Agent Builder
Design, evaluate, and improve agentic harnesses. Methodology playbook plus a catalog of architectures, frameworks, memory substrates, and lab patterns.
The Answer
Agent Builder is the skill you load before deciding how an agent should be shaped, which framework to pick, and what state substrate to trust. It answers “should this be one agent or four” before you write code.
The Problem It Solves
Harness decisions compound. Picking LangGraph versus CrewAI versus raw LLM loops changes how state flows, how errors surface, and what fails in production. Most teams decide by vibes, copy a blog-post starter, and inherit its limits. Two weeks later the stale-context bug is the framework’s fault but looks like a prompting problem.
How It Works
Two knowledge bodies, one skill.
Methodology covers principles, shapes, tools, state, context, extensibility, UX, a design playbook, an evaluation playbook, output patterns, and cross-client portability notes. 11 topic files.
Catalog inventories architecture Types I through V, a six-component harness model, 7 framework deep dives (LangGraph, CrewAI, Pydantic AI, smolagents, DSPy, AutoGen, Bedrock), memory substrates, and 14 production lab patterns (Anthropic, OpenAI, Perplexity, Manus, Google, Devin, Cursor, Windsurf, and more). 6 catalog files.

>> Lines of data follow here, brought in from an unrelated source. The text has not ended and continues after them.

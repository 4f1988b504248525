-- ===== src/Protocol/Logical/RoundTrip.antt =====
-- A cursor is decoded to itself (crates/shard-stream-protocol/src/logical.rs).
use shard_stream.Prelude.{
  ℕ, ◌+◌, ◌-◌, ◌*◌, ◌^◌, ◌≤◌, ◌<◌, ◌≡◌, refl, ap, sym, ◌∙◌, subst, true, not, List, [], ◌∷◌, ◌++◌,
  ltb, ◌==◌, length, length-append, append_assoc, append-nil, u32_mod, u64_mod, u128_mod, usize_mod,
  arith, lt→ltb, ltb→le, le→ltb, le→leb, ==_refl, not-true, Bool-cases, inl, inr,
}
use shard_stream.Prelude.Bytes.{
  Bytes, le_bytes, from_le-le_bytes, length-le_bytes, slice_middle, take_left, drop_left,
}
use shard_stream.Prelude.Results.{Result, ok, guard, bind-ok, guard-eq-ok}
use shard_stream.Core.Model.{TopicPartition}
use shard_stream.Protocol.Logical.{
  ActiveActiveCursorPosition, LogicalCursorPosition, passive_position, active_position,
  LogicalTopicCursor, LogicalCursorError, Decoder, TopicHaMode, active_passive, active_active,
  take_bytes, word, is_empty, read_positions, read_position, decode_mode, decode_body, decode,
  encode, validate, validate_position, positions_bytes, position_bytes, head_bytes, origin_bytes,
  cursor_magic, too_many_origins, invalid_generation, invalid_membership_epoch, empty_origins,
}

-- The values fit the words of the source.
abbrev AllFit : List ActiveActiveCursorPosition → Type 0
AllFit [] = Unit {0}
AllFit (p ∷ ps) =
    ((p.origin_id < u32_mod) × (p.writer_epoch < u32_mod) × (p.next_sequence < u64_mod)) × AllFit ps

abbrev PositionFits : LogicalCursorPosition → Type 0
PositionFits (passive_position next_offset) = next_offset < u64_mod
PositionFits (active_position membership_epoch positions) =
    (membership_epoch < u64_mod) × AllFit positions

pub record IsCursor (c : LogicalTopicCursor) : Type 0 where
  pub topic : c.topic_partition.topic_id < u128_mod
  pub partition : c.topic_partition.partition_id < u32_mod
  pub generation : c.data_generation < u64_mod
  pub place : PositionFits c.position

-- A decoder that has read `before` and has `rest` in front of it.
abbrev at : Bytes → Bytes → Decoder
at before rest = record { bytes = before ++ rest; cursor = length before }

take_bytes-at :
    (before x rest : Bytes) (n : ℕ)
    → n ≡ length x
    → length before + n < usize_mod
    → take_bytes n (at before (x ++ rest)) ≡ ok (x, at (before ++ x) rest)
unfolding take_bytes
take_bytes-at before x rest n e room =
    rw
      (
        lt→ltb (length before + n) usize_mod room,
        slice_middle before x rest (length before) (length before + n) refl (omega arith),
      )
      (λ i. ok (x, record { bytes = joined i; cursor = cursors i }))
  where
    joined : before ++ (x ++ rest) ≡ (before ++ x) ++ rest
    joined = sym (append_assoc before x rest)

    cursors : length before + n ≡ length (before ++ x)
    cursors = omega (arith, length-append before x)

word-at :
    (before rest : Bytes) (n v : ℕ)
    → v < 256 ^ n
    → length before + n < usize_mod
    → word n (at before (le_bytes n v ++ rest)) ≡ ok (v, at (before ++ le_bytes n v) rest)
unfolding word
word-at before rest n v h room =
    rw
      (
        take_bytes-at before (le_bytes n v) rest n (sym (length-le_bytes n v)) room,
        from_le-le_bytes n v h,
      )
      refl

length-positions_bytes :
    (ps : List ActiveActiveCursorPosition) → length (positions_bytes ps) ≡ 16 * length ps
unfolding positions_bytes
length-positions_bytes [] = omega arith
length-positions_bytes (p ∷ ps) = omega (arith, length-positions_bytes ps)

read_positions-at :
    (ps : List ActiveActiveCursorPosition) (before rest : Bytes)
    → AllFit ps
    → length before + 16 * length ps < usize_mod
    → read_positions (length ps) (at before (positions_bytes ps ++ rest))
      ≡ ok (ps, at (before ++ positions_bytes ps) rest)
unfolding read_positions positions_bytes
read_positions-at [] before rest f room = ap (λ t. ok ([], at t rest)) (sym (append-nil before))
read_positions-at (p ∷ ps) before rest f room =
    let b1 = before ++ le_bytes 4 p.origin_id in
    let b2 = b1 ++ le_bytes 4 p.writer_epoch in
    let b3 = b2 ++ le_bytes 8 p.next_sequence in
    let tail = positions_bytes ps ++ rest in
    let n1 = length-append before (le_bytes 4 p.origin_id) in
    let n2 = length-append b1 (le_bytes 4 p.writer_epoch) in
    let n3 = length-append b2 (le_bytes 8 p.next_sequence) in
    rw
      (
        word-at before (le_bytes 4 p.writer_epoch ++ (le_bytes 8 p.next_sequence ++ tail)) 4
            p.origin_id f.0.0 (omega arith),
        word-at b1 (le_bytes 8 p.next_sequence ++ tail) 4 p.writer_epoch f.0.1 (omega arith),
        word-at b2 tail 8 p.next_sequence f.0.2 (omega arith),
        read_positions-at ps b3 rest f.1 (omega arith),
      )
      (ap (λ t. ok (p ∷ ps, at t rest))
        (append_assoc b2 (le_bytes 8 p.next_sequence) (positions_bytes ps)
          ∙ append_assoc b1 (le_bytes 4 p.writer_epoch) _
          ∙ append_assoc before (le_bytes 4 p.origin_id) _))

abbrev mode_of : LogicalCursorPosition → TopicHaMode
mode_of (passive_position next_offset) = active_passive
mode_of (active_position membership_epoch positions) = active_active

abbrev pub place_bytes : LogicalCursorPosition → Bytes
place_bytes (passive_position next_offset) = le_bytes 8 next_offset
place_bytes (active_position membership_epoch positions) =
    le_bytes 8 membership_epoch ++ (le_bytes 4 (length positions) ++ positions_bytes positions)

few_origins :
    (m : ℕ) (ps : List ActiveActiveCursorPosition)
    → validate_position (active_position m ps) ≡ ok tt
    → length ps ≤ 1024
unfolding validate_position
few_origins m ps h =
    let (_, _, h1) = bind-ok (guard (not (m == 0)) invalid_membership_epoch) _ h in
    let (_, _, h2) = bind-ok (guard (not (length ps == 0)) empty_origins) _ h1 in
    let (_, few, _) = bind-ok (guard (not (ltb 1024 (length ps))) too_many_origins) _ h2 in
    ltb→le 1024 (length ps)
      (not-true _ (guard-eq-ok (not (ltb 1024 (length ps))) too_many_origins few))

read_position-at :
    (p : LogicalCursorPosition) (before rest : Bytes)
    → PositionFits p
    → validate_position p ≡ ok tt
    → length before < u32_mod
    → read_position (mode_of p) (at before (place_bytes p ++ rest))
      ≡ ok (p, at (before ++ place_bytes p) rest)
unfolding read_position
read_position-at (passive_position n) before rest f v room =
    rw (word-at before rest 8 n f (omega arith)) refl
read_position-at (active_position m ps) before rest f v room =
    let few = few_origins m ps v in
    let b1 = before ++ le_bytes 8 m in
    let b2 = b1 ++ le_bytes 4 (length ps) in
    let n1 = length-append before (le_bytes 8 m) in
    let n2 = length-append b1 (le_bytes 4 (length ps)) in
    rw
      (
        word-at before (le_bytes 4 (length ps) ++ (positions_bytes ps ++ rest)) 8 m f.0
            (omega arith),
        word-at b1 (positions_bytes ps ++ rest) 4 (length ps) (omega arith) (omega arith),
        le→ltb 1024 (length ps) few,
        read_positions-at ps b2 rest f.1 (omega arith),
      )
      (ap (λ t. ok (active_position m ps, at t rest))
        (append_assoc b1 (le_bytes 4 (length ps)) (positions_bytes ps)
          ∙ append_assoc before (le_bytes 8 m) _))

is_empty-at : (bytes : Bytes) → is_empty (at bytes []) ≡ true
unfolding is_empty
is_empty-at bytes = ap (λ t. length bytes == length t) (append-nil bytes) ∙ ==_refl (length bytes)

position_ok : (c : LogicalTopicCursor) → validate c ≡ ok tt → validate_position c.position ≡ ok tt
unfolding validate
position_ok c v =
    let (_, _, h) = bind-ok (guard (not (c.data_generation == 0)) invalid_generation) _ v in h

module _ (tp : TopicPartition) (generation : ℕ) (p : LogicalCursorPosition) where
  abbrev built : LogicalTopicCursor
  built = record { topic_partition = tp; data_generation = generation; position = p }

  abbrev fields : Bytes
  fields =
      le_bytes 16 tp.topic_id
      ++ (le_bytes 4 tp.partition_id ++ (le_bytes 8 generation ++ (place_bytes p ++ [])))

  -- What was read before the position.
  abbrev front : ℕ → Bytes
  front m =
      cursor_magic
      ++ (le_bytes 2 1
          ++ (le_bytes 1 m
              ++ (le_bytes 1 0
                  ++ (le_bytes 16 tp.topic_id
                      ++ (le_bytes 4 tp.partition_id ++ le_bytes 8 generation)))))

  decode_body_mode :
      (m : ℕ) (t : TopicHaMode)
      → m < 256
      → decode_mode m ≡ ok t
      → IsCursor built
      → validate built ≡ ok tt
      → read_position t (at (front m) (place_bytes p ++ []))
        ≡ ok (p, at (front m ++ place_bytes p) [])
      → decode_body
          (at [] (cursor_magic ++ (le_bytes 2 1 ++ (le_bytes 1 m ++ (le_bytes 1 0 ++ fields)))))
        ≡ ok built
  unfolding decode_body
  decode_body_mode m t small mode f v place =
      let b1 = cursor_magic in
      let b2 = b1 ++ le_bytes 2 1 in
      let b3 = b2 ++ le_bytes 1 m in
      let b4 = b3 ++ le_bytes 1 0 in
      let b5 = b4 ++ le_bytes 16 tp.topic_id in
      let b6 = b5 ++ le_bytes 4 tp.partition_id in
      let t6 = le_bytes 8 generation ++ (place_bytes p ++ []) in
      let t5 = le_bytes 4 tp.partition_id ++ t6 in
      let end = is_empty-at (front m ++ place_bytes p) in
      rw
        (
          take_bytes-at [] cursor_magic (le_bytes 2 1 ++ (le_bytes 1 m ++ (le_bytes 1 0 ++ fields)))
              8 refl (omega arith),
          word-at b1 (le_bytes 1 m ++ (le_bytes 1 0 ++ fields)) 2 1 (omega arith) (omega arith),
          word-at b2 (le_bytes 1 0 ++ fields) 1 m small (omega arith),
          mode,
          word-at b3 fields 1 0 (omega arith) (omega arith),
          word-at b4 t5 16 tp.topic_id f.topic (omega arith),
          word-at b5 t6 4 tp.partition_id f.partition (omega arith),
          word-at b6 (place_bytes p ++ []) 8 generation f.generation (omega arith),
          place,
          end,
          v,
        )
        refl

decode_body-head_bytes :
    (tp : TopicPartition) (generation : ℕ) (p : LogicalCursorPosition)
    → IsCursor (built tp generation p)
    → validate (built tp generation p) ≡ ok tt
    → decode_body (at [] (head_bytes (built tp generation p) (place_bytes p ++ [])))
      ≡ ok (built tp generation p)
unfolding head_bytes decode_mode
decode_body-head_bytes tp generation (passive_position n) f v =
    decode_body_mode tp generation (passive_position n) 1 active_passive (omega arith) refl f v (
      read_position-at (passive_position n) (front tp generation (passive_position n) 1) [] f.place
        (position_ok _ v) (omega arith))
decode_body-head_bytes tp generation (active_position m ps) f v =
    decode_body_mode tp generation (active_position m ps) 2 active_active (omega arith) refl f v (
      read_position-at (active_position m ps) (front tp generation (active_position m ps) 2) []
        f.place (position_ok _ v) (omega arith))

pub position_bytes-place_bytes :
    (p : LogicalCursorPosition) (bytes : Bytes)
    → position_bytes p ≡ ok bytes
    → bytes ≡ place_bytes p
unfolding position_bytes
position_bytes-place_bytes (passive_position n) bytes h = cc
position_bytes-place_bytes (active_position m ps) bytes h =
    elim (Bool-cases (ltb (length ps) u32_mod)) [
      | inl fits ↦ sym (ok_injective (rw fits at h))
      | inr large ↦ absurd (ground (arith, rw large at h))
    ]
  where
    ok_injective : {a b : Bytes} → Path (Result LogicalCursorError Bytes) (ok a) (ok b) → a ≡ b
    ok_injective e = cc

length-place_bytes : (p : LogicalCursorPosition) → 8 ≤ length (place_bytes p)
length-place_bytes (passive_position n) = omega arith
length-place_bytes (active_position m ps) = omega arith

module _ (crc : Bytes → ℕ) (crc_word : (bytes : Bytes) → crc bytes < u32_mod) where
  decode_checked :
      (body : Bytes) (c : LogicalTopicCursor)
      → 48 ≤ length body
      → decode_body (at [] body) ≡ ok c
      → decode crc (body ++ le_bytes 4 (crc body)) ≡ ok c
  unfolding decode
  decode_checked body c n h =
      let check = le_bytes 4 (crc body) in
      let total = length-append body check in
      let end : length (body ++ check) - 4 ≡ length body = omega arith in
      rw
        (
          le→ltb (length (body ++ check)) 52 (omega arith),
          le→leb 4 (length (body ++ check)) (omega arith),
          end,
          take_left body check (length body) refl,
          drop_left body check (length body) refl,
          from_le-le_bytes 4 (crc body) (crc_word body),
          ==_refl (crc body),
        )
        h

  -- A cursor whose values fit the words of the source, and that is encoded, is decoded to itself.
  pub decode-encode :
      (c : LogicalTopicCursor) (bytes : Bytes)
      → IsCursor c
      → encode crc c ≡ ok bytes
      → decode crc bytes ≡ ok c
  unfolding encode
  decode-encode c bytes f h =
      let (_, v, h1) = bind-ok (validate c) _ h in
      let (_, _, h2) = bind-ok (origin_bytes c.position) _ h1 in
      let (pos, e, h3) = bind-ok (position_bytes c.position) _ h2 in
      let same = position_bytes-place_bytes c.position pos e in
      let body = head_bytes c (place_bytes c.position ++ []) in
      let whole : body ≡ head_bytes c pos =
        ap (head_bytes c) (append-nil (place_bytes c.position) ∙ sym same) in
      let out : body ++ le_bytes 4 (crc body) ≡ bytes =
        ap (λ t. t ++ le_bytes 4 (crc t)) whole ∙ ok_bytes h3 in
      subst (λ t. decode crc t ≡ ok c) out
        (decode_checked body c (long c)
          (decode_body-head_bytes c.topic_partition c.data_generation c.position f v))
    where
      ok_bytes : {a b : Bytes} → Path (Result LogicalCursorError Bytes) (ok a) (ok b) → a ≡ b
      ok_bytes e = cc

      long : (d : LogicalTopicCursor) → 48 ≤ length (head_bytes d (place_bytes d.position ++ []))
      long d =
          unfold head_bytes in
          omega (arith, length-place_bytes d.position, length-append (place_bytes d.position) [])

Four modes cover the job: design for a new harness, evaluation for an existing one, design + evaluation for target architecture plus acceptance criteria, catalog-lookup for factual questions.
What Makes It Different
Host-specific variants (Anthropic, Codex) carry their own trigger metadata, so the same skill activates correctly in either runtime. Fully worked examples trace the full path from requirements to implemented harness, not just principles.